## Work instruction
Check every line below for the word "World" and copy the ones that have it.

## Records to process
********************

-- ===== src/Notify/Repeats.antt =====
-- A message that is delivered again.
use trade_reconcile_system.Base.{[], ap, find, if◌then◌else◌, refl, some, true, ℕ, ◌++◌, ◌∙◌, ◌≡◌}
use trade_reconcile_system.Base.Bytes.{Bytes, codes}
use trade_reconcile_system.Dao.Notify.{
  fits_notify, insert_notify, insert_notify_with_dedup, notify_clashes, notify_row,
}
use trade_reconcile_system.Db.{NotifyRow}
use trade_reconcile_system.Db.Monad.{
  Env, M, World, autocommit, done, exec_auto, exec_auto_on, next_id, pure, resume, store_generated,
  ◌>>=◌,
}
use trade_reconcile_system.Ids.{Generator, generated, id_text, next_number}
use trade_reconcile_system.Notify.{
  Consumer, Processed, ack, field_text, handle_message, notify_new, notify_path, process,
  process_json, process_texts,
}

module _ {J : Type 0} (c : Consumer J) where
  -- The body is parsed, has the members `messageId` and `orderNo`, and they and `amount`, if it is there,
  -- convert to texts.
  pub record HasTexts (message : Bytes) : Type 0 where
    pub json : J
    pub parsed : c.parse message ≡ some json
    pub keyed : c.reader.takes_keys json ≡ true
    pub has_id : c.reader.is_member json (codes "messageId") ≡ true
    pub has_order : c.reader.is_member json (codes "orderNo") ≡ true
    pub message_id : Bytes
    pub id_value : c.reader.as_string (c.reader.at json (codes "messageId")) ≡ some message_id
    pub order_no : Bytes
    pub order_value : c.reader.as_string (c.reader.at json (codes "orderNo")) ≡ some order_no
    pub amount : Bytes
    pub amount_value :
        (if c.reader.is_member json (codes "amount")
          then c.reader.as_string (c.reader.at json (codes "amount"))
          else some [])
        ≡ some amount

  routed :
      (env : Env) (message : Bytes) (texts : HasTexts message)
      → process c env message
        ≡ process_texts c env (some texts.message_id) (some texts.order_no) (some texts.amount)
  unfolding process process_json field_text
  routed env message texts =
      rw (texts.parsed, process)
        (rw (texts.keyed, process_json)
          (rw (texts.has_id, process_json)
            (rw (texts.has_order, process_json)
              (rw (texts.id_value, texts.order_value, texts.amount_value) refl))))

  passed_over :
      (env : Env) (w : World) (message_id order_no amount : Bytes) (n : ℕ) (g : Generator)
      (row : NotifyRow)
      → next_number env.rounds env.clock w.generator ≡ generated n g
      → fits_notify (notify_row (id_text n) message_id order_no (c.notify_base_url ++ notify_path))
        ≡ true
      → find
          (notify_clashes
            (notify_row (id_text n) message_id order_no (c.notify_base_url ++ notify_path)))
          w.committed.notifies
        ≡ some row
      → process_texts c env
          (some message_id)
          (some order_no)
          (some amount)
          (record w { faults = [] })
        ≡ (done (record { handled = true; asked = [] }), record w { generator = g; faults = [] })
  unfolding process_texts insert_notify_with_dedup insert_notify notify_new next_id store_generated
      exec_auto exec_auto_on autocommit ◌>>=◌ resume pure
  passed_over env w message_id order_no amount n g row issued fits present =
      rw issued (rw fits (rw present refl))

  -- When the message has its texts, its id or the new number is already in the records, whatever their
  -- status, the id generator gives a number, and no statement fails, the message is acknowledged, no
  -- request goes to the merchant, and the database stays as it is.
  pub handle_message-repeats :
      (env : Env) (message : Bytes) (w : World) (texts : HasTexts message) (n : ℕ) (g : Generator)
      (row : NotifyRow)
      → next_number env.rounds env.clock w.generator ≡ generated n g
      → fits_notify (
          notify_row (id_text n) texts.message_id texts.order_no (c.notify_base_url ++ notify_path))
        ≡ true
      → find
          (notify_clashes (
            notify_row
              (id_text n)
              texts.message_id
              texts.order_no
              (c.notify_base_url ++ notify_path)))
          w.committed.notifies
        ≡ some row
      → let (o, w') = handle_message env c message (record w { faults = [] }) in
        (o ≡ done (ack, [])) × (w'.committed ≡ w.committed)
  unfolding handle_message ◌>>=◌ resume pure
  handle_message-repeats env message w texts n g row issued fits present =
      let skipped =
        ap (λ (m : M Processed). m (record w { faults = [] })) (routed env message texts)
        ∙ passed_over env w texts.message_id texts.order_no texts.amount n g row issued fits
            present in
      rw skipped (refl, refl)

********************

## Output of the exercise
  Env, M, World, autocommit, done, exec_auto, exec_auto_on, next_id, pure, resume, store_generated,
      (env : Env) (w : World) (message_id order_no amount : Bytes) (n : ℕ) (g : Generator)
      (env : Env) (message : Bytes) (w : World) (texts : HasTexts message) (n : ℕ) (g : Generator)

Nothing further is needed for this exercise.